====== Source records
-- ===== src/Common/Texts.antt =====
-- Go's `<` on strings: byte by byte, which on UTF-8 is the order of the code points.
use Prim.Native.Nat.{ℕ, Ordering, compare as compare_ℕ}
use Prim.Native.Char.{code}
use Prim.Native.String.compare
use Prim.Native.String.{String, compare, then}
use text.Mathlib.Text.{is_lt}
use text.Mathlib.TextEquality.{path_by_compare}
use mathlib.Core.Path.{◌≡◌, refl}
use mathlib.Core.Bool.{Bool, true, false}
use native.Mathlib.Omega.{arith}
use dreamchat_image_platform.Common.Order.{IsStrictWeak}

abbrev pub text_lt : String → String → Bool
text_lt s t = is_lt (compare s t)

-- The test of two texts that begin with a character, from the tests of the parts.
then_lt_asym :
    (m n : ℕ) (o p : Ordering)
    → (is_lt o ≡ true → is_lt p ≡ false)
    → is_lt (then (compare_ℕ m n) o) ≡ true
    → is_lt (then (compare_ℕ n m) p) ≡ false
then_lt_asym m n o p f h = ground arith

then_lt_neg_trans :
    (a b c : ℕ) (o p q : Ordering)
    → (is_lt o ≡ false → is_lt p ≡ false → is_lt q ≡ false)
    → is_lt (then (compare_ℕ a b) o) ≡ false
    → is_lt (then (compare_ℕ b c) p) ≡ false
    → is_lt (then (compare_ℕ a c) q) ≡ false
then_lt_neg_trans a b c o p q f h k = ground arith

text_lt_asym : (s t : String) → text_lt s t ≡ true → text_lt t s ≡ false
text_lt_asym String.[] String.[] h = refl
text_lt_asym String.[] (String.◌∷◌ d t) h = rw (compare.cons-nil d t)
text_lt_asym (String.◌∷◌ c s) String.[] h = cc (compare.cons-nil c s)
text_lt_asym (String.◌∷◌ c s) (String.◌∷◌ d t) h = rw (compare.cons-cons d c t s) (
    then_lt_asym (code c) (code d) (compare s t) (compare t s) (text_lt_asym s t)
      (rw (compare.cons-cons c d s t) at h))

text_lt_neg_trans :
    (s t u : String) → text_lt s t ≡ false → text_lt t u ≡ false → text_lt s u ≡ false
text_lt_neg_trans String.[] String.[] String.[] h k = refl
text_lt_neg_trans String.[] String.[] (String.◌∷◌ e u) h k = k
text_lt_neg_trans String.[] (String.◌∷◌ d t) u h k = cc (compare.nil-cons d t)
text_lt_neg_trans (String.◌∷◌ c s) t String.[] h k = rw (compare.cons-nil c s)
text_lt_neg_trans (String.◌∷◌ c s) String.[] (String.◌∷◌ e u) h k = cc (compare.nil-cons e u)
text_lt_neg_trans (String.◌∷◌ c s) (String.◌∷◌ d t) (String.◌∷◌ e u) h k =
    rw (compare.cons-cons c e s u) (
      then_lt_neg_trans (code c) (code d) (code e) (compare s t) (compare t u) (compare s u)
        (text_lt_neg_trans s t u) (rw (compare.cons-cons c d s t) at h)
        (rw (compare.cons-cons d e t u) at k))

pub text_lt-IsStrictWeak : IsStrictWeak text_lt
text_lt-IsStrictWeak = record { asym = text_lt_asym; neg_trans = text_lt_neg_trans }

total_cases :
    (m n : ℕ) (o p : Ordering)
    → is_lt (then (compare_ℕ m n) o) ≡ false
    → is_lt (then (compare_ℕ n m) p) ≡ false
    → (m ≡ n) × (is_lt o ≡ false) × (is_lt p ≡ false)
total_cases m n o p h k = ground arith

no_eq : (s t : String) → text_lt s t ≡ false → text_lt t s ≡ false → compare s t ≡ Ordering.eq
no_eq String.[] String.[] h k = refl
no_eq String.[] (String.◌∷◌ d t) h k = cc (compare.nil-cons d t)
no_eq (String.◌∷◌ c s) String.[] h k = cc (compare.nil-cons c s)
no_eq (String.◌∷◌ c s) (String.◌∷◌ d t) h k =
    let (e, p, q) =
      total_cases (code c) (code d) (compare s t) (compare t s)
        (rw (compare.cons-cons c d s t) at h) (rw (compare.cons-cons d c t s) at k) in
    rw (compare.cons-cons c d s t, no_eq s t p q) (ground (arith, e))

-- Two texts neither of which comes first are one text.
pub text_lt_total : (s t : String) → text_lt s t ≡ false → text_lt t s ≡ false → s ≡ t
text_lt_total s t h k = path_by_compare s t (no_eq s t h k)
============
- Task instructions
Would you return each line of the material above, unchanged, from the first one through the line where "use Prim.Native.String.compare" appears?

- Exercise response
-- ===== src/Common/Texts.antt =====
-- Go's `<` on strings: byte by byte, which on UTF-8 is the order of the code points.
use Prim.Native.Nat.{ℕ, Ordering, compare as compare_ℕ}
use Prim.Native.Char.{code}
use Prim.Native.String.compare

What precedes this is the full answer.